Опубликовано в журнале Волга, номер 1, 2008
Карвер Реймонд. Если спросишь, где я: Рассказы / Пер. с англ., послесл. Н. Рейнгольд. – М: Б. С. Г. — ПРЕСС, 2007. – 591 с.
По-видимому, в пространстве мировой литературы найдется не так уж много авторов, чьи произведения никак не могут пострадать от перевода. Чем суше слог, чем яснее и четче повествование, тем больше шансов сохранить видимость оригинала. Впрочем, «серьезная» литература, как правило, чужда столь удобного для нее минимализма.
Рассказы Р. Карвера сравнивают с рассказами А. Чехова… На мой взгляд, написать их мог кто угодно, обладай он достаточным жизненным опытом и умением видеть происходящее со стороны, превращая исходный материал в серию коротких сюжетов с непременным внезапным поворотом. Опыта, если судить по биографии, у Р. Карвера было достаточно: женитьба в восемнадцать, двое детей, алкоголизм и бесконечные поиски работы. Что до умения видеть, то здесь, как мне кажется, он превзошел многих. Любая жизненная ситуация, очищенная от мелочей, превращается у него в рассказ, точно записанный со слов участника-наблюдателя.
В послесловии Н. Рейнгольд отмечает именно эту особенность: опору повествования на голос, как бы «рассказывающий свою историю» (С. 584), принадлежащую одному из тех ничем не примечательных людей, мимо которых проходит «большая» история, история эпохальных событий и судьбоносных изменений. Сущность подобного рода произведений прекрасно выразил О. Дарк применительно к роману А. Сергеева «Альбом для марок» (Букеровская премия в России 1996 года): «Гибнут в забвении детали и приметы эпохи, которые были бы уже непонятны моему сыну, если бы он вообще о них когда-нибудь узнал. А также черты людей, прежде всего ничем не знаменитых и не интересных, кроме того, что они были» [1]. И хотя Р. Карвер всячески отрицал свое назначение служить рупором чужих голосов, он, с другой стороны, усматривал миссию писателя в том, чтобы быть свидетелем человеческих судеб.

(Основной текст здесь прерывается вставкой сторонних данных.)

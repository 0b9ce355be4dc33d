-- ===== src/Codecs/Metaclass.antt =====
-- SerialisableMeta of Common/bases.py: how a class gets its codecs.
use cpy_q.Prelude.{
  ℕ, ◌≡◌, refl, ◌∙◌, inl, inr, Bool, true, false, not, ◌&&◌, Option, none, some, List, [], ◌∷◌,
  elem, arith, ◌==◌, if◌then◌else◌, Bool-cases,
}
use cpy_q.Codecs.Trees.{Codec, Schema, no_fields, field}
use cpy_q.Codecs.{get_field}

-- `all_codecs[key] = codec`: the key keeps its place.
unfoldable pub set_field : ℕ → Codec → Schema → Schema
set_field key c no_fields = field key c no_fields
set_field key c (field k d rest) =
    let later = set_field key c rest in if key == k then field k c rest else field k d later

-- `all_codecs.update(codecs)`
unfoldable pub update : Schema → Schema → Schema
update all no_fields = all
update all (field k c rest) = update (set_field k c all) rest

-- `for base in reversed(bases)`
unfoldable pub inherited : List Schema → Schema
inherited [] = no_fields
inherited (base ∷ bases) = update (inherited bases) base

-- The codecs of `SerialisableMeta.__new__`, of the bases' codecs and those of the class body
unfoldable pub all_codecs : List Schema → Schema → Schema
all_codecs bases current = update (inherited bases) current

-- `dict.keys`
abbrev pub keys : Schema → List ℕ
keys no_fields = []
keys (field k c rest) = k ∷ keys rest

-- `x or y`, for what may be missing
abbrev pub or_else : Option Codec → Option Codec → Option Codec
or_else none o = o
or_else (some c) o = some c

-- The codec of the class body, else that of the first base with the key.
abbrev pub resolve : ℕ → Schema → List Schema → Option Codec
resolve key current [] = get_field key current
resolve key current (base ∷ bases) = or_else (get_field key current) (resolve key base bases)

abbrev pub is_distinct : Schema → Bool
is_distinct no_fields = true
is_distinct (field k c rest) = not (elem k (keys rest)) && is_distinct rest

abbrev pub AllDistinct : List Schema → Type 0
AllDistinct [] = Unit
AllDistinct (s ∷ ss) = (is_distinct s ≡ true) × AllDistinct ss

get_field-set_field :
    (key k : ℕ) (c : Codec) (s : Schema)
    → get_field key (set_field k c s) ≡ (if key == k then some c else get_field key s)
unfolding get_field set_field
get_field-set_field key k c no_fields = refl
get_field-set_field key k c (field k' d rest) = ground (arith, get_field-set_field key k c rest)

get_field_absent : (key : ℕ) (s : Schema) → elem key (keys s) ≡ false → get_field key s ≡ none
unfolding get_field
get_field_absent key no_fields h = refl
get_field_absent key (field k c rest) h = ground (arith, get_field_absent key rest)

get_field-update :
    (key : ℕ) (all s : Schema)
    → is_distinct s ≡ true
    → get_field key (update all s) ≡ or_else (get_field key s) (get_field key all)
unfolding update get_field
get_field-update key all no_fields h = refl
get_field-update key all (field k c rest) h = elim (Bool-cases (key == k)) [
  | inl own ↦ ground (
    arith,
    get_field-update key (set_field k c all) rest,
    get_field-set_field key k c all,
    get_field_absent key rest,
    own,
  )
  | inr other ↦
      ground (
        arith,
        get_field-update key (set_field k c all) rest,
        get_field-set_field key k c all,
        other,
      )
]

get_field-inherited :
    (key : ℕ) (base : Schema) (bases : List Schema)
    → is_distinct base ≡ true
    → AllDistinct bases
    → get_field key (inherited (base ∷ bases)) ≡ resolve key base bases
unfolding inherited get_field
get_field-inherited key base [] h hs = ground (arith, get_field-update key no_fields base h)
get_field-inherited key base (next ∷ bases) h hs =
    get_field-update key (inherited (next ∷ bases)) base h
    ∙ rw (get_field-inherited key next bases hs.0 hs.1)

-- For each key a class has the codec of its own body, else that of the first base that has one, bases
-- in the order of the class statement, where the keys of each of these dictionaries are distinct.
pub get_field-all_codecs :
    (key : ℕ) (current : Schema) (bases : List Schema)
    → is_distinct current ≡ true
    → AllDistinct bases
    → get_field key (all_codecs bases current) ≡ resolve key current bases
unfolding all_codecs update inherited
get_field-all_codecs key current bases h hs = get_field-inherited key current bases h hs
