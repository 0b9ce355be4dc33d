-- ===== src/Codecs/Key.antt =====
-- The keys of the JSON objects, numbered. The key `id` is the one that `__eq__` of Identifiable reads.
use cpy_q.Prelude.{ℕ}
use cpy_q.Codecs.{id_key}

abbrev pub id : ℕ
id = id_key

abbrev pub kind : ℕ
kind = 1

abbrev pub sort : ℕ
sort = 2

abbrev pub type : ℕ
type = 3

abbrev pub scope : ℕ
scope = 4

abbrev pub name : ℕ
name = 5

abbrev pub hierarchy_index : ℕ
hierarchy_index = 6

abbrev pub company : ℕ
company = 7

abbrev pub permissions : ℕ
permissions = 8

abbrev pub username : ℕ
username = 9

abbrev pub display_name : ℕ
display_name = 10

abbrev pub teams : ℕ
teams = 11

abbrev pub email : ℕ
email = 12

abbrev pub autopilot : ℕ
autopilot = 13

abbrev pub admin : ℕ
admin = 14

abbrev pub user : ℕ
user = 15

abbrev pub state : ℕ
state = 16

abbrev pub resource_id : ℕ
resource_id = 17

abbrev pub access : ℕ
access = 18

abbrev pub refresh : ℕ
refresh = 19

abbrev pub access_expires : ℕ
access_expires = 20

abbrev pub refresh_expires : ℕ
refresh_expires = 21

abbrev pub killed_at : ℕ
killed_at = 22

abbrev pub session : ℕ
session = 23

abbrev pub owner : ℕ
owner = 24

abbrev pub created_at : ℕ
created_at = 25

abbrev pub completed_at : ℕ
completed_at = 26

abbrev pub quote : ℕ
quote = 27

abbrev pub ack_timeout : ℕ
ack_timeout = 28

abbrev pub task : ℕ
task = 29

abbrev pub task_id : ℕ
task_id = 30

abbrev pub sent_at : ℕ
sent_at = 31

abbrev pub status : ℕ
status = 32

abbrev pub reason : ℕ
reason = 33

abbrev pub payload : ℕ
payload = 34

Примечательно, что судьба представляется в рассказах не как линейная последовательность событий, но именно как поворот, причиной которого может служить какое угодно событие. В этой связи тексты Р. Карвера представляются своеобразным доэпическим началом литературы, в фокусе которого находится не характер, а действие. Характеры здесь вторичны; они не описываются в терминах движений внутреннего мира, но подаются через совокупность физических реакций. И потому, в какой момент герой «сел», «встал», «потянулся» и т. д., мы считываем его внутреннее состояние и отношение к происходящему. Отсутствие развернутых описаний составляет специфику карверовского стиля, определить который можно двумя понятиями: сухой и точный, предоставляющий нам функциональный каркас ситуации, и заставляющий трудиться воображение.

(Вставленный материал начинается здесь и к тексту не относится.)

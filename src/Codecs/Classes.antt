-- ===== src/Codecs/Classes.antt =====
-- The classes of the repository that have codecs, as their class statements give them. Enumerations,
-- their members' texts and the classes are numbered.
use cpy_q.Prelude.{true, false, none, some, [], ◌∷◌}
use cpy_q.Codecs.Trees.{
  str_type, int_type, float_type, bool_type, frozenset_type, Codec, enum_codec, primitive_codec,
  datetime_codec, container_codec, serialisable_codec, Factory, of_class, picked_by, Schema,
  no_fields, field, no_variants, variant, Variants,
}
use cpy_q.Codecs.Key
use cpy_q.Codecs.Metaclass.{all_codecs}

abbrev pub permission_type : Codec
permission_type =
    enum_codec 0 (some 0 ∷ some 1 ∷ some 2 ∷ some 3 ∷ some 4 ∷ some 5 ∷ some 6 ∷ some 7 ∷ [])

abbrev pub permission_scope : Codec
permission_scope = enum_codec 1 (some 0 ∷ some 1 ∷ some 2 ∷ none ∷ [])

abbrev pub task_sort : Codec
task_sort = enum_codec 2 (some 0 ∷ [])

abbrev pub payload_kind : Codec
payload_kind = enum_codec 3 (some 0 ∷ some 1 ∷ some 2 ∷ some 3 ∷ [])

abbrev pub message_type : Codec
message_type = enum_codec 4 (some 0 ∷ some 1 ∷ [])

abbrev pub event_status : Codec
event_status = enum_codec 5 (some 0 ∷ some 1 ∷ some 2 ∷ [])

abbrev pub str_codec : Codec
str_codec = primitive_codec (str_type ∷ []) false

abbrev pub int_codec : Codec
int_codec = primitive_codec (int_type ∷ []) false

abbrev pub bool_codec : Codec
bool_codec = primitive_codec (bool_type ∷ []) false

abbrev pub float_codec : Codec
float_codec = primitive_codec (float_type ∷ []) false

abbrev pub optional_str : Codec
optional_str = primitive_codec (str_type ∷ []) true

abbrev pub optional_int : Codec
optional_int = primitive_codec (int_type ∷ []) true

abbrev pub required_datetime : Codec
required_datetime = datetime_codec false

abbrev pub optional_datetime : Codec
optional_datetime = datetime_codec true

abbrev pub frozenset_of : Factory → Codec
frozenset_of factory = container_codec frozenset_type (serialisable_codec factory)

abbrev pub serialisable : Schema
serialisable = all_codecs ([]) (no_fields)

abbrev pub identifiable : Schema
identifiable =
    all_codecs (serialisable ∷ [])
      (field Key.id (primitive_codec (str_type ∷ int_type ∷ []) false) no_fields)

abbrev pub str_identifiable : Schema
str_identifiable = all_codecs (identifiable ∷ []) (field Key.id str_codec no_fields)

abbrev pub int_identifiable : Schema
int_identifiable = all_codecs (identifiable ∷ []) (field Key.id int_codec no_fields)

abbrev pub permission : Schema
permission =
    all_codecs (serialisable ∷ [])
      (field Key.type permission_type (field Key.scope permission_scope no_fields))

abbrev pub company : Schema
company = all_codecs (int_identifiable ∷ []) (field Key.name str_codec no_fields)

abbrev pub team : Schema
team = all_codecs (int_identifiable ∷ []) (
    field Key.name str_codec (
      field Key.hierarchy_index int_codec (
        field Key.company (serialisable_codec (of_class 0 company))
          (field Key.permissions (frozenset_of (of_class 1 permission)) no_fields))))

abbrev pub user : Schema
user = all_codecs (int_identifiable ∷ []) (
    field Key.username str_codec (
      field Key.display_name optional_str
        (field Key.teams (frozenset_of (of_class 2 team)) no_fields)))

abbrev pub self_user : Schema
self_user = all_codecs (user ∷ []) (
    field Key.email optional_str
      (field Key.autopilot bool_codec (field Key.admin bool_codec no_fields)))

abbrev pub state : Schema
state = all_codecs (serialisable ∷ []) (no_fields)

abbrev pub session : Schema
session = all_codecs (str_identifiable ∷ []) (
    field Key.user (serialisable_codec (of_class 4 self_user)) (
      field Key.state (serialisable_codec (of_class 5 state))
        (field Key.resource_id optional_int no_fields)))

abbrev pub token : Schema
token = all_codecs (str_identifiable ∷ []) (
    field Key.access str_codec (
      field Key.refresh str_codec (
        field Key.access_expires required_datetime (
          field Key.refresh_expires required_datetime (
            field Key.killed_at optional_datetime
              (field Key.session (serialisable_codec (of_class 6 session)) no_fields))))))

-- `Formattable` is not Serialisable, and has no codecs.
abbrev pub formattable : Schema
formattable = no_fields

abbrev pub quote_metadata : Schema
quote_metadata =
    all_codecs (formattable ∷ int_identifiable ∷ [])
      (field Key.owner (serialisable_codec (of_class 3 user)) no_fields)

abbrev pub quote_preview : Schema
quote_preview = all_codecs (quote_metadata ∷ []) (no_fields)

abbrev pub quote_view : Schema
quote_view = all_codecs (quote_preview ∷ []) (no_fields)

abbrev pub quote : Schema
quote = all_codecs (quote_view ∷ []) (no_fields)

abbrev pub task : Schema
task = all_codecs (int_identifiable ∷ []) (
    field Key.sort task_sort
      (field Key.created_at required_datetime (field Key.completed_at optional_datetime no_fields)))

abbrev pub export_quote : Schema
export_quote =
    all_codecs (task ∷ []) (field Key.quote (serialisable_codec (of_class 7 quote)) no_fields)

-- `parse_received_task`, with the classes of `register_task_sort`
abbrev pub parse_received_task : Factory
parse_received_task = picked_by Key.sort 2 none (variant 0 8 export_quote no_variants)

abbrev pub payload : Schema
payload = all_codecs (serialisable ∷ []) (no_fields)

abbrev pub non_empty_payload : Schema
non_empty_payload = all_codecs (payload ∷ []) (field Key.kind payload_kind no_fields)

abbrev pub handshake : Schema
handshake = all_codecs (non_empty_payload ∷ []) (field Key.ack_timeout float_codec no_fields)

abbrev pub user_handshake : Schema
user_handshake = all_codecs (handshake ∷ []) (no_fields)

abbrev pub autopilot_handshake : Schema
autopilot_handshake = all_codecs (handshake ∷ []) (no_fields)

abbrev pub task_assigned : Schema
task_assigned =
    all_codecs (non_empty_payload ∷ [])
      (field Key.task (serialisable_codec parse_received_task) no_fields)

-- The class body spells `codecs` as `codes`, so it declares none.
abbrev pub task_done : Schema
task_done = all_codecs (non_empty_payload ∷ []) (no_fields)

-- The classes of `register_payload_kind`
abbrev pub payload_classes : Variants
payload_classes = variant 0 10 user_handshake (
    variant 1 11 autopilot_handshake
      (variant 2 12 task_assigned (variant 3 13 task_done no_variants)))

-- `parse_received_payload`, with those classes and that of `EMPTY_PAYLOAD`
abbrev pub parse_received_payload : Factory
parse_received_payload = picked_by Key.kind 3 (some 14) payload_classes

abbrev pub message : Schema
message =
    all_codecs (str_identifiable ∷ [])
      (field Key.type message_type (field Key.sent_at optional_datetime no_fields))

abbrev pub ws_event : Schema
ws_event = all_codecs (message ∷ []) (
    field Key.status event_status (
      field Key.reason optional_str
        (field Key.payload (serialisable_codec parse_received_payload) no_fields)))

abbrev pub ws_ack : Schema
ws_ack = all_codecs (message ∷ []) (no_fields)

Как и в обыденной, повседневной жизни, судьбоносные ситуации возникают в пространстве общения между близкими и далекими родственниками, соседями и т. д. Но семейный быт триады отец-мать-сын, служащий основой многих рассказов, в авторской трактовке не укладывается в уютный саркофаг классического психоанализа (что ожидаемо: ведь американец, все-таки!). Как ни крути, жизнь на поверку оказывается куда более богатой и разнообразной, и рассказы Р. Карвера, несмотря на стилистическую скупость, отражают ее богатство в полной мере.
Впрочем, кому-то это не нравится. В приватной беседе один из переводчиков Р. Карвера, а именно В. Михайлин, поведал о том, что некоторые из переводов подверглись без согласия переводчика существенной правке с целью смягчения стилистической скупости попсовой кучерявостью. Ну, что тут поделать: хозяин – барин. Однако, на мой вкус, лучше «сушеный Чехов» (определение В. Михайлина), чем очередной полуанонимный «шедевр» в жанре дешевого литературного психологизма.